- [WORK TASK]: Pull every line containing "Writer" from the data.

(Collected data entries)
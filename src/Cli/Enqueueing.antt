-- ===== src/Cli/Enqueueing.antt =====
-- internal/cli/cli.go and internal/controller/controller.go: what a local `enqueue` leaves behind. The
-- command ends without stopping its controller, so that only the files stay.
mod Tests
use raft_recovery.Prelude.{
  ℕ, ◌≡◌, refl, ap, ◌∙◌, sym, subst, Bool, true, false, Option, none, some, List, [], ◌∷◌, String,
  map, if◌then◌else◌, arith, Bool-cases, str_eq, Option-cases, inl, inr, lookup, lookup-insert,
  eq_iff, contains,
}
use raft_recovery.Types.{Job, SnapshotData}
use raft_recovery.JobManager.{
  JobManager, get_all_in_flight_jobs, enqueue, restore, mark_in_flight, mark_completed, mark_dead,
  requeue,
}
use raft_recovery.JobManager.Recovery.{IsMap, restore-IsExact}
use raft_recovery.Wal.Event.{EventType}
use raft_recovery.Wal.Event
use raft_recovery.Wal.Writer.{WalLine, written, torn, replay}
use raft_recovery.Snapshot.Manager.{Disk, loaded, load}
use raft_recovery.Controller.Core.{Controller, Logs, enqueue_jobs, enqueue_all, log_enqueues}
use raft_recovery.Controller.Recover.{recover, replay_handler, apply_event, requeue_all}
use raft_recovery.Cli.{JobInput, Loops, local_job, enqueue_local}

-- Whether the manager has a job under the identifier.
abbrev pub stored : String → JobManager → Bool
stored k jm = elim (lookup k jm.jobs) [ none ↦ false | some job ↦ true ]

-- No record of the log brings a job that the manager lacks.
apply_event-stored :
    (now task_timeout : ℕ) (jm : JobManager) (type : EventType) (id k : String)
    → stored k jm ≡ false
    → stored k (apply_event now task_timeout jm type id).0 ≡ false
unfolding apply_event mark_in_flight mark_completed requeue mark_dead
apply_event-stored now task_timeout jm Event.enqueue id k h = h
apply_event-stored now task_timeout jm Event.dispatch id k h =
    grind (arith, eq_iff id k, lookup-insert)
apply_event-stored now task_timeout jm Event.ack id k h = grind (arith, eq_iff id k, lookup-insert)
apply_event-stored now task_timeout jm Event.retry id k h =
    grind (arith, eq_iff id k, lookup-insert)
apply_event-stored now task_timeout jm Event.timeout id k h =
    grind (arith, eq_iff id k, lookup-insert)
apply_event-stored now task_timeout jm Event.dead id k h = grind (arith, eq_iff id k, lookup-insert)
apply_event-stored now task_timeout jm (Event.other type) id k h = h

module _ (crc32 : List ℕ → ℕ) (now task_timeout : ℕ) (k : String) where
  replay-stored :
      (jm : JobManager) (lines : List WalLine)
      → stored k jm ≡ false
      → stored k (replay crc32 (replay_handler now task_timeout) jm lines).0 ≡ false
  unfolding replay replay_handler
  replay-stored jm [] h = h
  replay-stored jm (torn ∷ lines) h = h
  replay-stored jm (written e ∷ lines) h =
      let h' = apply_event-stored now task_timeout jm e.type e.job_id k h in
      ground (arith, h, h', replay-stored (replay_handler now task_timeout jm e).0 lines h')

  requeue_all-stored :
      (jm : JobManager) (ids : List String)
      → stored k jm ≡ false
      → stored k (requeue_all jm now ids) ≡ false
  unfolding requeue_all requeue apply_event
  requeue_all-stored jm [] h = h
  requeue_all-stored jm (id ∷ ids) h =
      requeue_all-stored ((requeue jm now id).0) ids
        (apply_event-stored now task_timeout jm Event.retry id k h)

  recover-stored :
      (jm : JobManager) (disk : Disk) (lines : List WalLine) {data' : SnapshotData}
      → load true disk ≡ loaded data'
      → IsMap data'.jobs
      → lookup k data'.jobs ≡ none
      → stored k (recover crc32 now task_timeout jm true disk lines).0 ≡ false
  unfolding recover
  recover-stored jm disk lines {data'} l m absent =
      let kept : stored k (restore jm data') ≡ false =
        ap (λ found. elim found [ none ↦ false | some job ↦ true ])
          ((restore-IsExact jm data' k m).1 ∙ absent) in
      let replayed = replay crc32 (replay_handler now task_timeout) (restore jm data') lines in
      let gone = replay-stored (restore jm data') lines kept in
      ground
        (arith, l, gone, requeue_all-stored replayed.0 (get_all_in_flight_jobs replayed.0) gone)

enqueue-stored :
    (jm : JobManager) (now : ℕ) (job : Job) (k : String)
    → stored k jm ≡ true
    → stored k (enqueue jm now job).0 ≡ true
unfolding enqueue
enqueue-stored jm now job k h = grind (arith, eq_iff job.id k, lookup-insert)

enqueue_all-stored :
    (jm : JobManager) (now : ℕ) (jobs : List Job) (k : String)
    → stored k jm ≡ true
    → stored k (enqueue_all jm now jobs).0 ≡ true
unfolding enqueue_all
enqueue_all-stored jm now [] k h = h
enqueue_all-stored jm now (job ∷ jobs) k h =
    let h' = enqueue-stored jm now job k h in
    ground (arith, h', enqueue_all-stored ((enqueue jm now job).0) now jobs k h')

enqueue_stores :
    (jm : JobManager) (now : ℕ) (job : Job)
    → (enqueue jm now job).1 ≡ none
    → stored job.id (enqueue jm now job).0 ≡ true
unfolding enqueue
enqueue_stores jm now job h = grind (arith, eq_iff job.id job.id, lookup-insert)

enqueue_all_stores :
    (jm : JobManager) (now : ℕ) (inputs : List JobInput) (k : String)
    → contains k (map (λ j. j.id) inputs) ≡ true
    → (enqueue_all jm now (map local_job inputs)).1 ≡ none
    → stored k (enqueue_all jm now (map local_job inputs)).0 ≡ true
unfolding enqueue_all contains
enqueue_all_stores jm now [] k c e = cc
enqueue_all_stores jm now (j ∷ js) k c e = elim (Option-cases (enqueue jm now (local_job j)).1) [
  | inr (error, failed) ↦ absurd (ground (arith, failed, e))
  | inl done ↦
      let jm' = (enqueue jm now (local_job j)).0 in
      elim (Bool-cases (str_eq j.id k)) [
        | inl same ↦
            let first : stored k jm' ≡ true =
              subst (λ i. stored i jm' ≡ true) ((eq_iff j.id k).0 same)
                (enqueue_stores jm now (local_job j) done) in
            ground (arith, done, enqueue_all-stored jm' now (map local_job js) k first)
        | inr apart ↦ ground (arith, done, enqueue_all_stores jm' now js k)
      ]
]

enqueue_jobs_stores :
    (c : Controller) (logs : Logs) (now : ℕ) (inputs : List JobInput) (k : String)
    → contains k (map (λ j. j.id) inputs) ≡ true
    → (enqueue_jobs c logs now (map local_job inputs)).1 ≡ none
    → stored k (enqueue_jobs c logs now (map local_job inputs)).0.job_manager ≡ true
unfolding enqueue_jobs
enqueue_jobs_stores c logs now inputs k among =
    let logged = log_enqueues c logs (map local_job inputs) in
    elim (Option-cases logged.1) [
      | inr (error, failed) ↦ rw (enqueue_jobs, failed) (λ e. cc)
      | inl done ↦
          rw (enqueue_jobs, done)
            (λ e. enqueue_all_stores logged.0.job_manager now inputs k among e)
    ]

-- A local submission that reports success, whatever the loops of the controller do beside it, as long as
-- none of them removes the job in question: at the end the controller has the job. But a restart from a
-- snapshot that loads, has each key once and lacks the job does not have it, whether the restart succeeds
-- or not, and whatever the log holds by then.
pub enqueue_local_lost :
    (crc32 : List ℕ → ℕ) (now task_timeout : ℕ) (fresh : JobManager) (disk : Disk)
    (before after : Loops) (c : Controller) (logs : Logs) (at : ℕ) (inputs : List JobInput)
    (id : String) {data' : SnapshotData} {c' : Controller}
    → ((x : Controller) → stored id x.job_manager ≡ true → stored id (after x).job_manager ≡ true)
    → contains id (map (λ j. j.id) inputs) ≡ true
    → enqueue_local before after c logs at inputs ≡ (c', none)
    → load true disk ≡ loaded data'
    → IsMap data'.jobs
    → lookup id data'.jobs ≡ none
    → (stored id c'.job_manager ≡ true)
      × ((lines : List WalLine)
          → stored id (recover crc32 now task_timeout fresh true disk lines).0 ≡ false)
unfolding enqueue_local
enqueue_local_lost crc32 now task_timeout fresh disk before after c logs at inputs id {data'} {c'}
      keeps among done l m absent =
    let kept = enqueue_jobs_stores (before c) logs at inputs id among in
    (
      ground (arith, done, keeps (enqueue_jobs (before c) logs at (map local_job inputs)).0, kept),
      λ lines. recover-stored crc32 now task_timeout id fresh disk lines {data' = data'} l m absent,
    )
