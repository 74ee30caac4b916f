-- ===== src/Cli/Enqueueing/Tests.antt =====
-- internal/cli/cli.go: one job, submitted on an empty store.
use raft_recovery.Prelude.{ℕ, ◌≡◌, refl, true, false, none, List, [], ◌∷◌, contains, lookup}
use raft_recovery.JobManager.{new_job_manager, enqueue}
use raft_recovery.Wal.Writer.{WalLine}
use raft_recovery.Snapshot.Manager.{Disk, load}
use raft_recovery.Controller.Core.{
  Controller, new_controller, enqueue_jobs, enqueue_all, log_enqueues, append,
}
use raft_recovery.Controller.Recover.{recover}
use raft_recovery.Cli.{JobInput, Loops, enqueue_local}
use raft_recovery.Cli.Enqueueing.{stored, enqueue_local_lost}

abbrev constant : List ℕ → ℕ
constant ns = 7

abbrev started : Controller
started = new_controller (record { task_timeout = 5; max_retry = 3 })

abbrev inputs : List JobInput
inputs = record { id = "a"; payload = "{}"; timeout_ms = 5 } ∷ []

abbrev disk : Disk
disk = record { file = none; temp = none }

abbrev idle : Loops
idle c = c

abbrev submitted : Controller
submitted = (enqueue_local idle idle started (λ id. true) 9 inputs).0

enqueue_local_lost_example :
    (stored "a" submitted.job_manager ≡ true)
    × ((lines : List WalLine)
        → stored "a" (recover constant 20 5 new_job_manager true disk lines).0 ≡ false)
unfolding enqueue_local enqueue_jobs log_enqueues enqueue_all append enqueue new_controller
    new_job_manager contains lookup load
enqueue_local_lost_example =
    enqueue_local_lost constant 20 5 new_job_manager disk idle idle started (λ id. true) 9 inputs
      "a" {c' = submitted} (λ x h. h) refl refl refl tt refl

- [OUTPUT OF THE TASK]:
use raft_recovery.Wal.Writer.{WalLine, written, torn, replay}
use raft_recovery.Wal.Writer.{WalLine}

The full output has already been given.